Complete Script (Run as root)

```bash
#!/bin/bash

echo "Taking sysctl.conf backup..."
cp /etc/sysctl.conf /etc/sysctl.conf.bkpz

echo "###########################################" >> /etc/sysctl.conf
echo "#########---------------------------#######" >> /etc/sysctl.conf
echo "|            CUSTOM SYSCTL.CONF PARAMS        |" >> /etc/sysctl.conf
echo "#########---------------------------#######" >> /etc/sysctl.conf
echo "###########################################" >> /etc/sysctl.conf

echo 'net.ipv4.tcp_sack = 0' >> /etc/sysctl.conf
echo 'net.ipv4.tcp_dsack = 0' >> /etc/sysctl.conf
echo 'net.ipv4.tcp_keepalive_time = 600' >> /etc/sysctl.conf
echo 'net.ipv4.tcp_keepalive_probes = 5' >> /etc/sysctl.conf
echo 'net.ipv4.tcp_keepalive_intvl = 15' >> /etc/sysctl.conf
echo 'net.ipv4.tcp_fin_timeout = 30' >> /etc/sysctl.conf
echo 'net.ipv4.tcp_rmem = 32768 436600 4194304' >> /etc/sysctl.conf
echo 'net.ipv4.tcp_wmem = 32768 436600 4194304' >> /etc/sysctl.conf
echo 'net.ipv4.tcp_retries2 = 10' >> /etc/sysctl.conf
echo 'net.ipv4.tcp_synack_retries = 3' >> /etc/sysctl.conf
echo 'net.ipv6.conf.all.disable_ipv6 = 1' >> /etc/sysctl.conf
echo 'net.ipv6.conf.default.disable_ipv6 = 1' >> /etc/sysctl.conf
echo 'net.ipv6.conf.lo.disable_ipv6 = 1' >> /etc/sysctl.conf
echo 'vm.dirty_ratio = 10' >> /etc/sysctl.conf
echo 'vm.swappiness = 0' >> /etc/sysctl.conf
echo 'fs.file-max = 943718' >> /etc/sysctl.conf

echo "Making changes Permanent - Executing `sysctl -p` command..."
sysctl -p

echo "############################################################"
echo "UPDATE COMPLETE"
echo "############################################################"
```

Extras: Monitoring JVM with JMX

Monitoring the JVM is crucial for proactive performance management. This section briefly covers enabling JVM monitoring via JMX.
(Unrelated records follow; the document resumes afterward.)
-- ===== src/DeliveryProfile/Updates.antt =====
-- delivery_profile.py `apply_delivery_profile_update`: what a contact's profile is after the updates that its
-- peer sent, and that may be replayed, reordered or forged.
mod Tests
use yakr.Prelude.{
  ℕ, ◌+◌, ◌≤◌, ◌≡◌, refl, ap, sym, ◌∙◌, subst, ◌⊎◌, inl, inr, Bool, true, false, not, ◌&&◌,
  Bool-cases, Option, none, some, List, [], ◌∷◌, Result, ok, err, Result-cases, ◌>>=◌, ◌>>◌,
  raise_if, bind-eq-ok, ltb, leb, ◌==◌, if◌then◌else◌, Bytes, eqb, eqb_iff, arith,
}
use yakr.Codec.{Codec}
use yakr.Contact.{Contact}
use yakr.Crypto.{Crypto}
use yakr.DeliveryProfile.Payload.{DeliveryProfile, ProfileError, to_bytes}
use yakr.DeliveryProfile.{
  verify_delivery_profile, accept_over, accept_delivery_profile_update, profile_is_expired,
}

-- A profile that arrives, with the clock.
pub record Offer : Type 0 where
  pub now : ℕ
  pub profile : DeliveryProfile

abbrev pub version_of : Option DeliveryProfile → ℕ
version_of none = 0
version_of (some p) = p.version

module _ (c : Codec) (k : Crypto) where
  unfoldable pub apply_delivery_profile_update :
      ℕ → DeliveryProfile → Bytes → Contact → Result ProfileError Contact
  apply_delivery_profile_update now p signing_public x = do
    verify_delivery_profile c k p signing_public
    accept_delivery_profile_update c k now x.delivery_profile p
    ok (record x { delivery_profile = some p })

  abbrev pub keep_or : Contact → Result ProfileError Contact → Contact
  keep_or x (ok x') = x'
  keep_or x (err e) = x

  -- The contact after all of them; a refused update changes nothing.
  unfoldable pub after_offers : Bytes → List Offer → Contact → Contact
  after_offers key [] x = x
  after_offers key (o ∷ os) x =
      after_offers key os (keep_or x (apply_delivery_profile_update o.now o.profile key x))

  abbrev succeeds : Result ProfileError (Unit {0}) → Bool
  succeeds (ok u) = true
  succeeds (err e) = false

  -- The peer signed it, and it has not expired.
  unfoldable pub is_genuine : Bytes → Offer → Bool
  is_genuine key o =
      succeeds (verify_delivery_profile c k o.profile key)
      && not (profile_is_expired o.now o.profile)

  abbrev max : ℕ → ℕ → ℕ
  max m n = if ltb m n then n else m

  -- The greatest version among the one stored and the genuine ones.
  unfoldable pub newest_version : Bytes → List Offer → ℕ → ℕ
  newest_version key [] n = n
  newest_version key (o ∷ os) n =
      newest_version key os (if is_genuine key o then max n o.profile.version else n)

  -- The peer signed the profile that is stored.
  abbrev pub IsTrusted : Bytes → Option DeliveryProfile → Type 0
  IsTrusted key none = Unit
  IsTrusted key (some p) = verify_delivery_profile c k p key ≡ ok tt

  -- One update: the version is the greater one if the offer is genuine, and the stored profile is still trusted.
  record IsUpdated (key : Bytes) (o : Offer) (x x' : Contact) : Type 0 where
    version : version_of x'.delivery_profile ≡ (
        if is_genuine key o
        then max (version_of x.delivery_profile) o.profile.version
        else version_of x.delivery_profile)
    trusted : IsTrusted key x.delivery_profile → IsTrusted key x'.delivery_profile

  accept_over-version :
      (current : Option DeliveryProfile) (p : DeliveryProfile)
      → accept_over c k current p ≡ ok tt
      → max (version_of current) p.version ≡ p.version
  unfolding accept_over
  accept_over-version none p e = ground arith
  accept_over-version (some q) p e = ground (arith, e)

  accept_over-refused :
      (current : Option DeliveryProfile) (p : DeliveryProfile) (x : ProfileError)
      → accept_over c k current p ≡ err x
      → max (version_of current) p.version ≡ version_of current
  unfolding accept_over
  accept_over-refused none p x e = cc
  accept_over-refused (some q) p x e = ground (arith, e)

  apply-IsUpdated :
      (key : Bytes) (o : Offer) (x : Contact)
      → IsUpdated key o x (keep_or x (apply_delivery_profile_update o.now o.profile key x))
  unfolding apply_delivery_profile_update accept_delivery_profile_update is_genuine
  apply-IsUpdated key o x = elim (Result-cases (verify_delivery_profile c k o.profile key)) [
    | inr (e, bad) ↦ rw bad (record { version = rw (is_genuine, bad) refl; trusted = λ h. h })
    | inl (u, good) ↦ elim (Bool-cases (profile_is_expired o.now o.profile)) [
      | inl old ↦
          rw (good, old) (record { version = rw (is_genuine, good, old) refl; trusted = λ h. h })
      | inr valid ↦ elim (Result-cases (accept_over c k x.delivery_profile o.profile)) [
        | inl (v, accepted) ↦
            rw (good, valid, accepted)
              (record {
                version =
                    rw (is_genuine, good, valid)
                      (sym (accept_over-version x.delivery_profile o.profile accepted));
                trusted = λ h. good;
              })
        | inr (e, refused) ↦
            rw (good, valid, refused)
              (record {
                version =
                    rw (is_genuine, good, valid)
                      (sym (accept_over-refused x.delivery_profile o.profile e refused));
                trusted = λ h. h;
              })
      ]
    ]
  ]

  -- Whatever profiles arrive under a peer's name, in whatever order and however often, the stored version ends as the
  -- greatest among the first one and those that the peer signed and that had not expired: a rollback has
  -- no effect. A profile that the peer did not sign is never stored.
  pub after_offers_newest :
      (key : Bytes) (os : List Offer) (x : Contact)
      → IsTrusted key x.delivery_profile
      → (version_of (after_offers key os x).delivery_profile
          ≡ newest_version key os (version_of x.delivery_profile))
        × IsTrusted key (after_offers key os x).delivery_profile
  unfolding after_offers newest_version
  after_offers_newest key [] x h = (refl, h)
  after_offers_newest key (o ∷ os) x h =
      let x' = keep_or x (apply_delivery_profile_update o.now o.profile key x) in
      let step = apply-IsUpdated key o x in
      let rest = after_offers_newest key os x' (step.trusted h) in
      (rest.0 ∙ ap (newest_version key os) step.version, rest.1)
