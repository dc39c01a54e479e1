-- ===== src/Ephemeral.antt =====
-- core/ephemeral.py: lifetimes in milliseconds, and the tests on a message's `valid_until`.
use yakr.Prelude.{ℕ, ◌+◌, ◌*◌, Bool, Result, raise_if, ltb}

abbrev pub message_ttl_ms : ℕ
message_ttl_ms = 24 * 60 * 60 * 1000

abbrev pub presence_ttl_ms : ℕ
presence_ttl_ms = 30 * 60 * 1000

abbrev pub default_blob_ttl_ms : ℕ
default_blob_ttl_ms = message_ttl_ms

abbrev pub max_relay_blob_ttl_ms : ℕ
max_relay_blob_ttl_ms = message_ttl_ms

abbrev pub message_valid_until : ℕ → ℕ
message_valid_until created_at = created_at + message_ttl_ms

abbrev pub is_message_expired : ℕ → ℕ → Bool
is_message_expired valid_until now = ltb valid_until now

pub data TtlError : Type 0 where
  message_expired : TtlError

-- The argument `now` is the clock that the call reads.
abbrev pub enforce_message_ttl : ℕ → ℕ → Result TtlError (Unit {0})
enforce_message_ttl valid_until now = raise_if (is_message_expired valid_until now) message_expired
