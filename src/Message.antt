-- ===== src/Message.antt =====
-- packages/yakr-core/src/yakr_core/message.py: the outer blob that relays store, and the message in it.
pub mod RelayJson
pub mod RoundTrip
use yakr.Prelude.{
  ℕ, ◌+◌, ◌≡◌, Bool, Option, some, none, List, [], ◌∷◌, Result, ok, err, ◌>>=◌, or_raise, Bytes,
  Text, codes, eqb, if◌then◌else◌,
}
use yakr.Codec.{Value, int, text, map, other, Fields, end, field, get}
use yakr.Ephemeral.{message_ttl_ms, message_valid_until}

pub record OuterBlob : Type 0 where
  pub version : ℕ
  pub mailbox_tag : Bytes
  pub expires_at : ℕ
  pub ciphertext : Bytes

-- Python's `json` with UTF-8, and `int`, `str` and `bool` of what it loads. JSON has no bytes: a dict of numbers, texts
-- and `null` is read as it was written. `null` is the value `other 0`.
pub record Json : Type 0 where
  pub dumps : Value → Bytes
  pub loads : Bytes → Option Value
  pub int_of : Value → Option ℕ
  pub str_of : Value → Option Text
  pub bool_of : Value → Bool

abbrev pub null_value : Value
null_value = other 0

-- `type` and `message_id` are taken from the JSON as they are.
pub record InnerMessage : Type 0 where
  pub version : ℕ
  pub conversation_id : Text
  pub sender_device_id : Text
  pub seq : ℕ
  pub created_at : ℕ
  pub valid_until : ℕ
  pub type : Value
  pub body : Text
  pub message_id : Value

-- `asdict(self)` with the keys sorted.
unfoldable pub inner_value : InnerMessage → Value
inner_value m = map (
    field (codes "body") (text m.body) (
      field (codes "conversation_id") (text m.conversation_id) (
        field (codes "created_at") (int m.created_at) (
          field (codes "message_id") m.message_id (
            field (codes "sender_device_id") (text m.sender_device_id) (
              field (codes "seq") (int m.seq) (
                field (codes "type") m.type (
                  field (codes "valid_until") (int m.valid_until)
                    (field (codes "version") (int m.version) end)))))))))

-- `InnerMessage.text`
unfoldable pub text_message : ℕ → Text → Text → ℕ → Text → InnerMessage
text_message now conversation_id sender_device_id seq body = record {
  version = 1;
  conversation_id = conversation_id;
  sender_device_id = sender_device_id;
  seq = seq;
  created_at = now;
  valid_until = message_valid_until now;
  type = text (codes "text");
  body = body;
  message_id = null_value;
}

-- `InnerMessage.receipt`
unfoldable pub receipt_message : ℕ → Text → Text → ℕ → Text → InnerMessage
receipt_message now conversation_id sender_device_id seq message_id = record {
  version = 1;
  conversation_id = conversation_id;
  sender_device_id = sender_device_id;
  seq = seq;
  created_at = now;
  valid_until = message_valid_until now;
  type = text (codes "receipt");
  body = [];
  message_id = text message_id;
}

-- `InnerMessage.profile`
unfoldable pub profile_message : ℕ → Text → Text → ℕ → Text → InnerMessage
profile_message now conversation_id sender_device_id seq profile_b64 = record {
  version = 1;
  conversation_id = conversation_id;
  sender_device_id = sender_device_id;
  seq = seq;
  created_at = now;
  valid_until = message_valid_until now;
  type = text (codes "profile");
  body = profile_b64;
  message_id = null_value;
}

-- `InnerMessage.presence`, with the `valid_until` that its caller gives.
unfoldable pub presence_message : ℕ → Text → Text → ℕ → Text → ℕ → InnerMessage
presence_message now conversation_id sender_device_id seq presence_b64 valid_until = record {
  version = 1;
  conversation_id = conversation_id;
  sender_device_id = sender_device_id;
  seq = seq;
  created_at = now;
  valid_until = valid_until;
  type = text (codes "presence");
  body = presence_b64;
  message_id = null_value;
}

-- The exceptions are not told apart.
pub data InnerError : Type 0 where
  malformed : InnerError

-- `payload.get(key, default)`
abbrev pub get_or : Text → Value → Fields → Value
get_or key default_value fs = elim (get key fs) [ none ↦ default_value | some v ↦ v ]

module _ (j : Json) where
  unfoldable pub inner_to_bytes : InnerMessage → Bytes
  inner_to_bytes m = j.dumps (inner_value m)

  abbrev pub json_int : Text → Fields → Option ℕ
  json_int key fs = elim (get key fs) [ none ↦ none | some v ↦ j.int_of v ]

  abbrev pub json_str : Text → Fields → Option Text
  json_str key fs = elim (get key fs) [ none ↦ none | some v ↦ j.str_of v ]

  unfoldable pub inner_of_fields : Fields → Result InnerError InnerMessage
  inner_of_fields fs = do
    created_at ← or_raise (json_int (codes "created_at") fs) malformed
    valid_until ←
        or_raise (j.int_of (get_or (codes "valid_until") (int (created_at + message_ttl_ms)) fs))
          malformed
    version ← or_raise (json_int (codes "version") fs) malformed
    conversation_id ← or_raise (json_str (codes "conversation_id") fs) malformed
    sender_device_id ← or_raise (json_str (codes "sender_device_id") fs) malformed
    seq ← or_raise (json_int (codes "seq") fs) malformed
    type ← or_raise (get (codes "type") fs) malformed
    body ← or_raise (j.str_of (get_or (codes "body") (text []) fs)) malformed
    ok (record {
      version = version;
      conversation_id = conversation_id;
      sender_device_id = sender_device_id;
      seq = seq;
      created_at = created_at;
      valid_until = valid_until;
      type = type;
      body = body;
      message_id = get_or (codes "message_id") null_value fs;
    })

  inner_of_value : Value → Result InnerError InnerMessage
  unfolding inner_of_fields
  inner_of_value (map fs) = inner_of_fields fs
  inner_of_value _ = err malformed

  -- Numbers are natural here: a negative `seq` or `created_at`, which the source reads, is malformed.
  unfoldable pub inner_from_bytes : Bytes → Result InnerError InnerMessage
  unfolding inner_of_value
  inner_from_bytes payload = do value ← or_raise (j.loads payload) malformed; inner_of_value value
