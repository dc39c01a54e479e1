-- ===== src/Message/RoundTrip.antt =====
-- message.py: an inner message is read as it was written.
use yakr.Prelude.{ℕ, ◌≡◌, refl, some, ok, eqb, Text}
use yakr.Codec.{int, text}
use yakr.Message.{Json, InnerMessage, inner_value, inner_to_bytes, inner_from_bytes}

-- What the program relies on of `json`.
pub record IsJson (j : Json) : Type 0 where
  pub inner_loads : (m : InnerMessage) → j.loads (j.dumps (inner_value m)) ≡ some (inner_value m)
  pub int_of_int : (n : ℕ) → j.int_of (int n) ≡ some n
  pub str_of_text : (t : Text) → j.str_of (text t) ≡ some t

pub inner_from_bytes-to_bytes :
    (j : Json) (l : IsJson j) (m : InnerMessage) → inner_from_bytes j (inner_to_bytes j m) ≡ ok m
unfolding inner_from_bytes inner_to_bytes inner_value eqb
inner_from_bytes-to_bytes j l m = rw (l.inner_loads m) (simp (l.int_of_int, l.str_of_text) refl)
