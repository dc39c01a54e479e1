-- ===== src/Ratchet/Packet.antt =====
-- ratchet.py: `decrypt` finds the fields of the packet that `encrypt` wrote.
use yakr.Prelude.{
  ℕ, zero, suc, ◌+◌, ◌<◌, ◌≡◌, refl, ap, ◌∙◌, subst, false, [], ◌∷◌, ◌++◌, ltb, length,
  length-append, take, drop, take-append, Bytes, eqb, pack32, unpack-pack32, arith,
}
use mathlib.Core.List.{append_assoc}
use yakr.Crypto.{Crypto}
use yakr.Ratchet.State.{RatchetState}
use yakr.Ratchet.{header, decrypt, adopt_peer, receive_on_chain, restore_on_error}

drop-past : (n m : ℕ) (xs ys : Bytes) → n ≡ length xs + m → drop n (xs ++ ys) ≡ drop m ys
drop-past n m [] ys e = ap (λ x. drop x ys) (omega (arith, e))
drop-past zero m (x ∷ xs) ys e = absurd (omega (arith, e))
drop-past (suc n) m (x ∷ xs) ys e = drop-past n m xs ys (omega (arith, e))

take-past : (n : ℕ) (xs ys : Bytes) → length xs ≡ n → take n (xs ++ ys) ≡ xs
take-past n xs ys e = subst (λ m. take m (xs ++ ys) ≡ xs) e (take-append xs ys)

module _ (k : Crypto) (public ciphertext : Bytes) (prev_n message_n : ℕ)
    (size : length public ≡ 32) where
  abbrev packet : Bytes
  packet = header k public prev_n message_n ++ ciphertext

  -- The packet behind the mark.
  fields : drop 5 packet ≡ public ++ (pack32 prev_n ++ (pack32 message_n ++ ciphertext))
  fields =
      append_assoc (public ++ pack32 prev_n) (pack32 message_n) ciphertext
      ∙ append_assoc public (pack32 prev_n) (pack32 message_n ++ ciphertext)

  packet-public : take 32 (drop 5 packet) ≡ public
  packet-public = rw fields (take-past 32 public _ size)

  packet-prev_n : take 4 (drop 37 packet) ≡ pack32 prev_n
  unfolding pack32
  packet-prev_n = rw (fields, drop-past 32 0 public _ (omega (arith, size))) refl

  packet-message_n : take 4 (drop 41 packet) ≡ pack32 message_n
  unfolding pack32
  packet-message_n = rw (fields, drop-past 36 4 public _ (omega (arith, size))) refl

  packet-ciphertext : drop 45 packet ≡ ciphertext
  unfolding pack32
  packet-ciphertext = rw (fields, drop-past 40 8 public _ (omega (arith, size))) refl

  packet-long : ltb (length packet) 45 ≡ false
  unfolding pack32
  packet-long =
      let rest = length-append public (pack32 prev_n ++ (pack32 message_n ++ ciphertext)) in
      let total : length packet ≡ 5 + length (drop 5 packet) = omega arith in
      ground (arith, total, ap (length {A = ℕ}) fields, rest, size)

-- `decrypt` of such a packet.
pub decrypt-packet :
    (k : Crypto) (fresh public ciphertext : Bytes) (prev_n message_n : ℕ) (s : RatchetState)
    → length public ≡ 32
    → prev_n < 4294967296
    → message_n < 4294967296
    → decrypt k fresh (header k public prev_n message_n ++ ciphertext) s
      ≡ restore_on_error k s
          (receive_on_chain k public prev_n message_n ciphertext (adopt_peer k fresh public s))
unfolding decrypt eqb
decrypt-packet k fresh public ciphertext prev_n message_n s size low low' =
    rw
      (
        packet-long k public ciphertext prev_n message_n size,
        packet-public k public ciphertext prev_n message_n size,
        packet-prev_n k public ciphertext prev_n message_n size,
        packet-message_n k public ciphertext prev_n message_n size,
        packet-ciphertext k public ciphertext prev_n message_n size,
        unpack-pack32 prev_n low,
        unpack-pack32 message_n low',
      )
      refl
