-- ===== src/Sorted/Making.antt =====
-- Source/RKSortedRegexCollection.m: `initWithCollection:library:options:error:` and
-- `sortedRegexCollectionForCollection:library:options:error:`.
use regexkit.Base.{
  ℕ, ◌+◌, ◌==◌, Bool, false, not, if◌then◌else◌, Option, some, none, List, [], ◌∷◌, length, Outcome,
  ok, raise, ◌>>=◌, invalid_argument, malloc_exception, ◌⊎◌, inl, inr,
}
use regexkit.Additions.{Regexes, RegexArgument, from_string_or_regex_with_error}
use regexkit.Sorted.{
  unknown_collection, array_collection, set_collection, dictionary_collection, CollectionType,
  Collection,
}

-- The argument `library`: that of pcre, or the name of an engine that RegexKit does not have.
pub data Library : Type 0 where
  pcre_library unknown_library : Library

-- The argument `collection`: `NULL`, the objects of an array or a set, or an object of another class.
pub data CollectionArgument (R : Type 0) : Type 0 where
  no_collection other_class : CollectionArgument R
  array_of set_of : List (RegexArgument R) → CollectionArgument R

-- What the initialiser hands out as an error: that it has no lock, or that an object does not compile,
-- with its index in an array.
pub data CollectionError : Type 0 where
  no_lock : CollectionError
  not_compiled : Option ℕ → CollectionError

-- A collection with its compiled regexes.
pub record Made (R : Type 0) : Type 0 where
  pub regexes : List R
  pub state : Collection

-- What the calls meet: what is found in the cache of collections by either lookup, and which of the
-- memory and the lock they get.
pub record Means (R : Type 0) : Type 0 where
  pub cached : Option (Made R)
  pub cached_in_init : Option (Made R)
  pub lock_made : Bool
  pub missed_cache_made : Bool
  pub stack : Bool
  pub elements_made : Bool
  pub sorted_made : Bool

-- The indexes from one on.
abbrev pub indexes : {R : Type 0} → ℕ → List R → List ℕ
indexes i [] = []
indexes i (r ∷ rs) = i ∷ indexes (i + 1) rs

-- What the loop of the initialiser leaves.
abbrev pub made : {R : Type 0} → CollectionType → List R → Made R
made kind regexes = record {
  regexes = regexes;
  state = record {
    collection_type = kind;
    sorted = indexes 0 regexes;
    hit_count = λ i. 0;
    resort_required = false;
    missed_object_hash_cache = λ b. 0;
    cache_hits = 0;
    cache_misses = 0;
  };
}

module _ (W : Regexes) where
  open W use {Regex}

  -- A string is compiled by the library that is named; the cache of regexes does not look at it.
  unfoldable pub regex_for : Library → ℕ → RegexArgument Regex → Outcome (Option Regex)
  regex_for pcre_library option a = from_string_or_regex_with_error W a option
  regex_for unknown_library option a =
      from_string_or_regex_with_error (record W { compile = λ s o. none }) a option

  abbrev with_regex : Regex → ℕ ⊎ List Regex → ℕ ⊎ List Regex
  with_regex r (inl i) = inl i
  with_regex r (inr rs) = inr (r ∷ rs)

  -- The loop from an index on; `inl` is the index of the first object that does not compile.
  unfoldable pub compile_from :
      Library → ℕ → ℕ → List (RegexArgument Regex) → Outcome (ℕ ⊎ List Regex)
  compile_from library option i [] = ok (inr [])
  compile_from library option i (a ∷ rest) = regex_for library option a >>= λ answer. elim answer [
    | none ↦ ok (inl i)
    | some r ↦ compile_from library option (i + 1) rest >>= λ rs. ok (with_regex r rs)
  ]

  abbrev error_at : CollectionType → ℕ → CollectionError
  error_at array_collection i = not_compiled (some i)
  error_at unknown_collection i = not_compiled none
  error_at set_collection i = not_compiled none
  error_at dictionary_collection i = not_compiled none

  abbrev pub made_of :
      CollectionType → ℕ ⊎ List Regex → Option (Made Regex) × Option CollectionError
  made_of kind (inl i) = (none, some (error_at kind i))
  made_of kind (inr rs) = (some (made kind rs), none)

  -- From the instance of the lock on.
  unfoldable pub init_of :
      Means Regex
      → Library
      → ℕ
      → CollectionType
      → List (RegexArgument Regex)
      → Outcome (Option (Made Regex) × Option CollectionError)
  init_of means library option kind objects =
      let compiled = compile_from library option 0 objects >>= λ rs. ok (made_of kind rs) in
      if not means.lock_made
      then ok (none, some no_lock)
      else if not means.missed_cache_made
      then raise malloc_exception
      else if length objects == 0
      then ok (none, none)
      else if not means.stack
      then raise malloc_exception
      else if not means.elements_made
      then raise malloc_exception
      else if not means.sorted_made
      then raise malloc_exception
      else compiled

  abbrev pub init_kind :
      Means Regex
      → Library
      → ℕ
      → CollectionArgument Regex
      → Outcome (Option (Made Regex) × Option CollectionError)
  init_kind means library option no_collection = raise invalid_argument
  init_kind means library option other_class = raise invalid_argument
  init_kind means library option (array_of objects) =
      init_of means library option array_collection objects
  init_kind means library option (set_of objects) =
      init_of means library option set_collection objects

  abbrev pub or_cached :
      Option (Made Regex)
      → Outcome (Option (Made Regex) × Option CollectionError)
      → Outcome (Option (Made Regex) × Option CollectionError)
  or_cached none o = o
  or_cached (some m) o = ok (some m, none)

  -- `initWithCollection:library:options:error:`
  unfoldable pub init_with_collection :
      Means Regex
      → CollectionArgument Regex
      → Option Library
      → ℕ
      → Outcome (Option (Made Regex) × Option CollectionError)
  init_with_collection means no_collection library option = raise invalid_argument
  init_with_collection means a none option = raise invalid_argument
  init_with_collection means a (some library) option =
      or_cached means.cached_in_init (init_kind means library option a)

  -- `sortedRegexCollectionForCollection:library:options:error:`
  unfoldable pub sorted_regex_collection_for :
      Means Regex
      → CollectionArgument Regex
      → Option Library
      → ℕ
      → Outcome (Option (Made Regex) × Option CollectionError)
  sorted_regex_collection_for means no_collection library option = raise invalid_argument
  sorted_regex_collection_for means a none option = raise invalid_argument
  sorted_regex_collection_for means a (some library) option =
      or_cached means.cached (init_with_collection means a (some library) option)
For detailed instructions on setting up JVM monitoring with Zabbix, refer to this guide: zabbix_java_gateway

This option enables JVM for monitoring:

```
-Dcom.sun.management.jmxremote.ssl=false -Dcom.sun.management.jmxremote.authenticate=false
```

This option sets the JMX port for remote monitoring:

```
-Dcom.sun.management.jmxremote.port=10101
```

Important Considerations for Production Environments:

  • Security: The -Dcom.sun.management.jmxremote.authenticate=false option disables authentication, making your JMX endpoint vulnerable. Never use this in a production environment. Configure proper authentication and SSL encryption for JMX.
  • Firewall: Ensure your firewall allows access to the JMX port only from authorized monitoring servers.

This post provides a starting point for optimizing HBase and Hadoop performance. Remember that the optimal configuration will vary depending on your specific hardware, workload, and data characteristics. Continuous monitoring and experimentation are key to achieving peak performance in your big data environment.